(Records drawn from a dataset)
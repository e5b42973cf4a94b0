-- ===== src/Bpm/Claim.antt =====
-- `claim_frame` of src/bpm/manager.rs: the frame that it returns is neither mapped nor free.
use rust_db.Common.{
  ℕ, ◌≡◌, ◌≢◌, refl, sym, ap, ◌∙◌, if◌then◌else◌, Bool, true, false, List, [], ◌∷◌, Option, none,
  some, get_elem?, All, subst, Outcome, ok, err, panic, map_err,
}
use rust_db.Common.Actions.{Action, pure, fail, lift, expect_some, ◌>>=◌, ◌>>◌}
use rust_db.Common.Triples.{Post, Triple, then_do, weaker}
use rust_db.Types.{Bytes, IoError}
use rust_db.Page.{Page}
use rust_db.Bpm.Frames.{Frame, is_pinned}
use rust_db.Bpm.Pool.{BpmError, no_free_frames}
use rust_db.Bpm.State.{
  EvictionPolicy, DiskManager, PageCodec, BufferPool, table_remove, frame_at, unmap_page, on_disk,
}
use rust_db.Bpm.Manager.{choose_victim, write_back, evict_frame, claim_frame}
use rust_db.Bpm.Consistent.{
  held, latch_of, IsUnmapped, AllDistinct, IsConsistent, held-AllSwept, AllMapped-held,
  AllMapped-remove, IsUnmapped-remove,
}
use rust_db.Bpm.Preserved.{Claimed, frame_at-Triple}

module _ {D Ep : Type 0} where
  -- No frame is free.
  abbrev pub NoFree : BufferPool D Ep → Type 0
  NoFree s = IsConsistent s × (s.free_frames ≡ [])

  abbrev Victim : ℕ → Page → BufferPool D Ep → Type 0
  Victim v p s = NoFree s × (held s.frames v ≡ some p)

  -- A result that does not touch the pool, and a call of the disk.
  pub lift-Triple :
      {A : Type 0} (P : BufferPool D Ep → Type 0) (r : Outcome BpmError A)
      → ((s : BufferPool D Ep) → P s → IsConsistent s)
      → Triple IsConsistent P (lift r) (λ a s. P s × (r ≡ ok a))
  lift-Triple P (ok a) c s h = (h, refl)
  lift-Triple P (err e) c s h = c s h
  lift-Triple P panic c s h = tt

  pub on_disk-Triple :
      {A : Type 0} (P : BufferPool D Ep → Type 0) (m : Action D IoError A)
      → ((s : BufferPool D Ep) → P s → IsConsistent s)
      → ((s : BufferPool D Ep) (d : D) → P s → P (record s { disk = d }))
      → Triple IsConsistent P (on_disk m) (λ a s. P s × (before : D) × (m before ≡ (ok a, s.disk)))
  on_disk-Triple {A = A} P m c stable s h = go (m s.disk) refl
    where
      go :
          (x : Outcome IoError A × D)
          → m s.disk ≡ x
          → Post {E = BpmError} IsConsistent
              (λ a s. P s × (before : D) × (m before ≡ (ok a, s.disk)))
              (on_disk (λ _. x) s)
      go (ok a, d) e = (stable s d h, s.disk, e)
      go (err x, d) e = c (record s { disk = d }) (stable s d h)
      go (panic, d) e = tt

  refuse-Triple :
      (P : BufferPool D Ep → Type 0) (b : Bool) (e : BpmError)
      → ((s : BufferPool D Ep) → P s → IsConsistent s)
      → Triple IsConsistent P (if b then fail e else pure tt) (λ _. P)
  refuse-Triple P true e c s h = c s h
  refuse-Triple P false e c s h = h

  page_of-Triple :
      (v : ℕ) (frame : Frame)
      → Triple {E = BpmError} IsConsistent
          (λ s. NoFree s × (get_elem? s.frames v ≡ some frame))
          (expect_some frame.latch)
          (λ p. Victim v p)
  page_of-Triple v frame s (h, e) = go frame.latch refl
    where
      go :
          (o : Option Page)
          → frame.latch ≡ o
          → Post {E = BpmError} IsConsistent (λ p. Victim v p) (expect_some o s)
      go none q = tt
      go (some p) q = (h, ap latch_of e ∙ q)

  unmap_page-Triple :
      (v : ℕ) (p : Page)
      → Triple IsConsistent (Victim v p) (unmap_page p.page_id >> pure v) (λ f. Claimed f)
  unmap_page-Triple v p s ((h, none_free), there) = record {
    consistent = record {
      mapped = AllMapped-remove s.page_table s.frames p.page_id h.mapped;
      apart =
          subst (λ l. All (IsUnmapped (table_remove s.page_table p.page_id)) l) (sym none_free) tt;
      distinct = h.distinct;
    };
    unmapped = IsUnmapped-remove s.page_table s.frames p v there h.mapped;
    taken = subst (λ l. All (λ g. v ≢ g) l) (sym none_free) tt;
  }

  module _ ⦃policy : EvictionPolicy Ep⦄ ⦃disk : DiskManager D⦄ ⦃codec : PageCodec⦄ where
    choose_victim-Triple : Triple IsConsistent NoFree choose_victim (λ _. NoFree)
    choose_victim-Triple s (h, e) = go (policy.find_victim s.eviction_policy s.frames) refl
      where
        swept_state :
            (victim : Option ℕ) (next : Ep) (swept : List Frame)
            → policy.find_victim s.eviction_policy s.frames ≡ ok (victim, next, swept)
            → IsConsistent (record s { eviction_policy = next; frames = swept })
        swept_state victim next swept q =
            let a = policy.clears s.eviction_policy next s.frames swept victim q in
            record {
              mapped =
                  AllMapped-held s.page_table s.frames swept (λ i. held-AllSwept s.frames swept i a)
                    h.mapped;
              apart = h.apart;
              distinct = h.distinct;
            }

        go :
            (r : Outcome BpmError (Option ℕ × Ep × List Frame))
            → policy.find_victim s.eviction_policy s.frames ≡ r
            → Post IsConsistent (λ _. NoFree) (choose_victim s)
        go (ok (some v, next, swept)) q =
            rw (q, choose_victim) (swept_state (some v) next swept q, e)
        go (ok (none, next, swept)) q = rw (q, choose_victim) (swept_state none next swept q)
        go (err x) q = rw (q, choose_victim) h
        go panic q = rw (q, choose_victim) tt

    pub write_back-Triple :
        (P : BufferPool D Ep → Type 0) (p : Page)
        → ((s : BufferPool D Ep) → P s → IsConsistent s)
        → ((s : BufferPool D Ep) (d : D) → P s → P (record s { disk = d }))
        → Triple IsConsistent P (write_back p) (λ _. P)
    write_back-Triple P p c stable =
        let raw_page = map_err BpmError.page (codec.as_raw_page p) in
        let writing : Bytes → Action (BufferPool D Ep) BpmError (Unit {0}) =
          λ raw. on_disk (disk.write_page p.page_id raw) in
        then_do IsConsistent P (λ _. P) (λ _. P) (lift raw_page) writing
          (weaker IsConsistent P (λ raw s. P s × (raw_page ≡ ok raw)) (λ _. P) (lift raw_page)
            (λ a t q. q.0) (lift-Triple P raw_page c))
          (λ raw.
            weaker IsConsistent P
              (λ done s.
                P s × (before : D) × (disk.write_page p.page_id raw before ≡ (ok done, s.disk)))
              (λ _. P) (writing raw) (λ a t q. q.0)
              (on_disk-Triple P (disk.write_page p.page_id raw) c stable))

    disk_change_keeps :
        (v : ℕ) (p : Page) (s : BufferPool D Ep) (d : D)
        → Victim v p s
        → Victim v p (record s { disk = d })
    disk_change_keeps v p s d ((h, e), there) =
        ((record { mapped = h.mapped; apart = h.apart; distinct = h.distinct }, e), there)

    evict_frame-Triple : Triple IsConsistent NoFree evict_frame (λ f. Claimed f)
    unfolding evict_frame
    evict_frame-Triple =
        let claim : BufferPool D Ep → Type 0 = NoFree in
        let at : ℕ → Frame → BufferPool D Ep → Type 0 =
          λ v frame s. NoFree s × (get_elem? s.frames v ≡ some frame) in
        let cut : ℕ → Page → Action (BufferPool D Ep) BpmError ℕ =
          λ v p. unmap_page p.page_id >> pure v in
        let save : Frame → Page → Action (BufferPool D Ep) BpmError (Unit {0}) =
          λ frame p. if frame.dirty then write_back p else pure tt in
        let take : ℕ → Frame → Action (BufferPool D Ep) BpmError ℕ =
          λ v frame. expect_some frame.latch >>= λ p. save frame p >> cut v p in
        let look : ℕ → Frame → Action (BufferPool D Ep) BpmError ℕ =
          λ v frame. (if is_pinned frame then fail no_free_frames else pure tt) >> take v frame in
        then_do IsConsistent NoFree (λ _. NoFree) (λ f. Claimed f) choose_victim
          (λ v. frame_at v >>= look v) choose_victim-Triple
          (λ v.
            then_do IsConsistent NoFree (at v) (λ f. Claimed f) (frame_at v) (look v)
              (frame_at-Triple NoFree v (λ s h. h.0))
              (λ frame.
                then_do IsConsistent (at v frame) (λ _. at v frame) (λ f. Claimed f)
                  (if is_pinned frame then fail no_free_frames else pure tt) (λ _. take v frame)
                  (refuse-Triple (at v frame) (is_pinned frame) no_free_frames (λ s h. h.0.0))
                  (λ _.
                    then_do IsConsistent (at v frame) (λ p. Victim v p) (λ f. Claimed f)
                      (expect_some frame.latch) (λ p. save frame p >> cut v p)
                      (page_of-Triple v frame)
                      (λ p.
                        then_do IsConsistent (Victim v p) (λ _. Victim v p) (λ f. Claimed f)
                          (save frame p) (λ _. cut v p) (saved v p frame.dirty)
                          (λ _. unmap_page-Triple v p)))))
      where
        saved :
            (v : ℕ) (p : Page) (b : Bool)
            → Triple IsConsistent
                (Victim v p)
                (if b then write_back p else pure tt)
                (λ _. Victim v p)
        saved v p true = write_back-Triple (Victim v p) p (λ s h. h.0.0) (disk_change_keeps v p)
        saved v p false = λ s h. h

    pub claim_frame-Triple :
        Triple (IsConsistent {D = D} {Ep = Ep}) IsConsistent claim_frame (λ f. Claimed f)
    unfolding claim_frame
    claim_frame-Triple s h = go s.free_frames refl
      where
        popped :
            (f : ℕ) (rest : List ℕ)
            → s.free_frames ≡ f ∷ rest
            → Claimed f (record s { free_frames = rest })
        popped f rest e =
            let apart = subst (λ l. All (IsUnmapped s.page_table) l) e h.apart in
            let distinct = subst AllDistinct e h.distinct in
            record {
              consistent = record { mapped = h.mapped; apart = apart.1; distinct = distinct.1 };
              unmapped = apart.0;
              taken = distinct.0;
            }

        go :
            (l : List ℕ)
            → s.free_frames ≡ l
            → Post {S = BufferPool D Ep} {E = BpmError} IsConsistent
                (λ f. Claimed f)
                (elim l [ f ∷ rest ↦ (ok f, record s { free_frames = rest }) | [] ↦ evict_frame s ])
        go [] e = evict_frame-Triple s (h, e)
        go (f ∷ rest) e = popped f rest e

**Aim of the exercise**
Could you copy every line from the records that mentions the word "Common"?

**Result for this task**
use rust_db.Common.{
use rust_db.Common.Actions.{Action, pure, fail, lift, expect_some, ◌>>=◌, ◌>>◌}
use rust_db.Common.Triples.{Post, Triple, then_do, weaker}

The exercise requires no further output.